枭臣 第374节

  在津海除马一功、杨一航等人所率领的津海军之外,也有黄锦年节制的仓场护军,兵力都在十营六千人左右。

  派系的隔阖与争斗,使得李卓想在津海建一支精锐偏师的努力大打折扣。

  黄锦年与张文灯等一系亲信官员在堂下一坐便是半天,等到暮色四合,也未见林续文、马一功、杨一航等人从津卫岛回来。

  黄锦年心里将林缚祖宗十八代都操翻了,除了派快马进京通知张协林缚有可能到津海一事外,也只有让差役掌了灯,耐着性子继续坐堂上等着,也没有心思让人安排夜宴的事情。

  张文灯是最早警觉到林缚来津海的,午饭还没有吃,一直捱到现在,肚子里直打鼓,借口出去解溲,让人去后厨找些吃食来解饿,心里也猜不到林缚暗地里来津海的用意,难道真有胆子掐京畿粮道的脖子?

  这么想,也怨不得张相以及宫中要对汤浩信下狠手了,谁愿意自己的脖子一直给捏在别人手里?

  汤浩信死后,林缚没有什么动静,还遵旨护送宁王前往江宁京藩,为何拖到今日再动手?

  张文灯百思不解,但是他知道林缚真有胆断了津海粮道,那很可能就是鱼死网破、两败俱亡的结局啊!

  长年以来,京畿包括津海十三仓场每年筹运漕粮总数约在三百万石左右浮动,主要用于内廷、王公及文武百官食用以及宣府、蓟北兵员总数超过二十万的官俸兵粮及牲口饲料;唯有仓粮有余或京畿大灾,才售漕粮给平民。

  鲁北漕路被废后,通过开辟津海粮道及太行山北麓驿道运粮,勉强渡过京畿粮荒危机。
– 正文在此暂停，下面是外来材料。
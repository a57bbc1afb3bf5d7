-- ===== src/Filter/Reloading.antt =====
-- e-util/e-rule-context.c: the rules of a context that are written by e_rule_context_save and read by
-- e_rule_context_load.
use mathlib.Core.List.{append_assoc, append-nil}
use e_mail_factory.Base.{
  ℕ, ◌≡◌, refl, sym, ap, ◌∙◌, subst, Text, codes, text_eq, text_beq_iff, if◌then◌else◌, Bool, true,
  false, ◌&&◌, List, [], ◌∷◌, ◌++◌, length, All, none, some, arith, AreDistinct,
}
use e_mail_factory.Filter.{ElementClass, FilterPart, FilterRule, RuleContext}
use e_mail_factory.Filter.Rules.{rule_eq}
use e_mail_factory.Filter.Contexts.{add_rule, emit_unfrozen}
use e_mail_factory.Filter.Walks.{visit_rules-all, rules_of}
use e_mail_factory.Filter.Xml.{Xml, element, XmlList, nil, cons, node_name, Titles}
use e_mail_factory.Filter.Files.{ElementXml, rule_xml_encode}
use e_mail_factory.Filter.RoundTrip.{IsKnown, rule_xml_decode-rule_xml_encode}
use e_mail_factory.Filter.Documents.{
  encode_rules, encode_sets, rule_context_save, load_rule, load_rules, load_sets, load_user,
}

module _ {ℓ} {E : Type ℓ} where
  -- The rules that do not belong to the system.
  abbrev pub user_rules : List (ℕ × FilterRule E) → List (ℕ × FilterRule E)
  user_rules [] = []
  user_rules ((a, rule) ∷ rules) =
      let rest = user_rules rules in if rule.system then rest else (a, rule) ∷ rest

  rules_of-none : (rules : List (ℕ × FilterRule E)) → rules_of none rules ≡ rules
  rules_of-none [] = refl
  rules_of-none ((a, rule) ∷ rules) = rw (rules_of-none rules) refl

  add_rule-fields :
      (a : ℕ) (rule : FilterRule E) (context : RuleContext E)
      → ((add_rule a rule context).parts ≡ context.parts)
        × ((add_rule a rule context).rules ≡ context.rules ++ (a, rule) ∷ [])
  unfolding add_rule emit_unfrozen
  add_rule-fields a rule context = (ground arith, ground arith)

module _ {ℓ} {E : Type ℓ} ⦃c : ElementClass E⦄ ⦃x : ElementXml E⦄ (titles : Titles) where
  -- The rule has a name, which survives escaping and translation, and a source, and the templates of
  -- its parts are among these.
  abbrev pub IsSavable : List (ℕ × FilterPart E) → ℕ × FilterRule E → Type ℓ
  IsSavable templates rule =
      (name : Text) × (source : Text) × (rule.1.name ≡ some name)
      × (rule.1.source ≡ some source)
      × (titles.gettext (titles.set_content (titles.markup_escape name)) ≡ name)
      × All (IsKnown templates) rule.1.parts

  -- The rules are equal in pairs, in their order.
  abbrev pub eq_rules : List (ℕ × FilterRule E) → List (ℕ × FilterRule E) → Bool
  eq_rules [] [] = true
  eq_rules [] (_ ∷ _) = false
  eq_rules (_ ∷ _) [] = false
  eq_rules ((a, p) ∷ ps) ((b, q) ∷ qs) = rule_eq p q && eq_rules ps qs

  encode_all : List (ℕ × FilterRule E) → XmlList
  encode_all [] = nil
  encode_all ((a, rule) ∷ rules) = cons (rule_xml_encode titles rule) (encode_all rules)

  encode_rules-user_rules :
      (rules : List (ℕ × FilterRule E)) → encode_rules titles rules ≡ encode_all (user_rules rules)
  unfolding encode_rules encode_all
  encode_rules-user_rules [] = refl
  encode_rules-user_rules ((a, rule) ∷ rules) = ground (arith, encode_rules-user_rules rules)

  node_name-rule_xml_encode :
      (rule : FilterRule E) → node_name (rule_xml_encode titles rule) ≡ codes "rule"
  unfolding rule_xml_encode
  node_name-rule_xml_encode rule = refl

  -- The document of a context with one set.
  rule_context_save-single :
      (set : Text) (saved : RuleContext E)
      → AreDistinct saved.rules
      → rule_context_save titles (set ∷ []) saved
        ≡ some (
            element
              (codes "filteroptions")
              []
              []
              (cons (element set [] [] (encode_rules titles saved.rules)) nil))
  unfolding rule_context_save encode_sets
  rule_context_save-single set saved distinct =
      let visits =
        visit_rules-all saved.rules none distinct ∙ ap some (rules_of-none saved.rules) in
      rw (visits, rule_context_save, encode_sets) refl

  module _ (part_addresses : ℕ → ℕ → ℕ) (rule_addresses : ℕ → ℕ) where
    load_rule-encoded :
        (rule : ℕ × FilterRule E) (context : RuleContext E)
        → IsSavable context.parts rule
        → (read : FilterRule E) × (load_rule titles part_addresses rule_addresses true
              (rule_xml_encode titles rule.1)
              context
            ≡ some (add_rule (rule_addresses (length context.rules)) read context))
          × (rule_eq read rule.1 ≡ true)
    unfolding load_rule
    load_rule-encoded (a, rule) context (name, source, named, sourced, kept, known) =
        let (read, reads, same) =
          rule_xml_decode-rule_xml_encode titles (part_addresses (length context.rules)) context
            rule name source named sourced kept known in
        (read, rw (node_name-rule_xml_encode rule) (rw (reads) refl), same)

    load_rules-encoded :
        (templates : List (ℕ × FilterPart E)) (rules : List (ℕ × FilterRule E))
        (context : RuleContext E)
        → context.parts ≡ templates
        → All (IsSavable templates) rules
        → (loaded : RuleContext E) × (read : List (ℕ × FilterRule E)) × (load_rules titles
              part_addresses rule_addresses true
              (encode_all rules)
              context
            ≡ some loaded)
          × (loaded.rules ≡ context.rules ++ read)
          × (eq_rules read rules ≡ true)
    unfolding load_rules encode_all
    load_rules-encoded templates [] context same savable =
        (context, [], refl, sym (append-nil context.rules), refl)
    load_rules-encoded templates (rule ∷ rules) context same (here, savable) =
        let (own, loads, equal) =
          load_rule-encoded rule context
            (subst (λ (ps : List (ℕ × FilterPart E)). IsSavable ps rule) (sym same) here) in
        let address = rule_addresses (length context.rules) in
        let fields = add_rule-fields address own context in
        let (loaded, read, rest, lists, equals) =
          load_rules-encoded templates rules (add_rule address own context) (fields.0 ∙ same)
            savable in
        let first : ℕ × FilterRule E = (address, own) in
        (
          loaded,
          first ∷ read,
          rw (loads, load_rules, encode_all) rest,
          lists
              ∙ ap (λ (rs : List (ℕ × FilterRule E)). rs ++ read) (fields.1)
              ∙ append_assoc context.rules (first ∷ []) read,
          ground (arith, equal, equals),
        )

    load_sets-single :
        (set : Text) (rules : XmlList) (context loaded : RuleContext E)
        → load_rules titles part_addresses rule_addresses true rules context ≡ some loaded
        → load_user titles part_addresses rule_addresses true
            (set ∷ [])
            (some (element (codes "filteroptions") [] [] (cons (element set [] [] rules) nil)))
            context
          ≡ some loaded
    unfolding load_user load_sets
    load_sets-single set rules context loaded loads =
        rw ((text_beq_iff set set).1 refl) (rw (loads) refl)

    -- The rules of a context with one set, no rule twice in it, are written and read by a context that
    -- has the templates of their parts and threading: both succeed, and behind the rules that the
    -- reading context had stand rules equal to those that are not of the system, in their order. Each
    -- of these has to have a source and a name that escaping and translation keep.
    pub load_user-rule_context_save :
        (set : Text) (saved start : RuleContext E)
        → AreDistinct saved.rules
        → All (IsSavable start.parts) (user_rules saved.rules)
        → (document : Xml) × (loaded : RuleContext E) × (read : List (ℕ × FilterRule E))
          × (rule_context_save titles (set ∷ []) saved ≡ some document)
          × (load_user titles part_addresses rule_addresses true (set ∷ []) (some document) start
              ≡ some loaded)
          × (loaded.rules ≡ start.rules ++ read)
          × (eq_rules read (user_rules saved.rules) ≡ true)
    load_user-rule_context_save set saved start distinct savable =
        let (loaded, read, loads, lists, equals) =
          load_rules-encoded start.parts (user_rules saved.rules) start refl savable in
        let nodes = encode_rules titles saved.rules in
        let written =
          ap (λ (ns : XmlList). load_rules titles part_addresses rule_addresses true ns start)
            (encode_rules-user_rules saved.rules) in
        (
          element (codes "filteroptions") [] [] (cons (element set [] [] nodes) nil),
          loaded,
          read,
          rule_context_save-single set saved distinct,
          load_sets-single set nodes start loaded (written ∙ loads),
          lists,
          equals,
        )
在账面上,京畿还勉强维持四十万石粮的存量。

  张文灯心里清楚,有相当一部分米粮从津海运往京畿就秘密进入粮商私仓放售市井牟利,京畿十三仓场的实际存粮怕是半数都不足。

  如今东虏在晋北肆虐不去,太行山运粮驿道会废掉大半,每月只有一两万石粮运到京中,津海这边的粮道一掐,即使算上军中余粮,宣府、蓟北及京营二十万大军也只能支撑两三个月,到时候内廷及文武百官、王公勋贵都要跟着节衣缩食。

  鲁国公能在两个月之间掌握东山局势,以登州水营来替代津海海商势力承担从山东到津海每月二十万石米粮的运务吗?

  还要考虑到林缚等人有可能直接叛变,率靖海水营北上攻打登州水营;登州水营能胜还好,要是一败涂地,除了迁都就没有别的法子好想了。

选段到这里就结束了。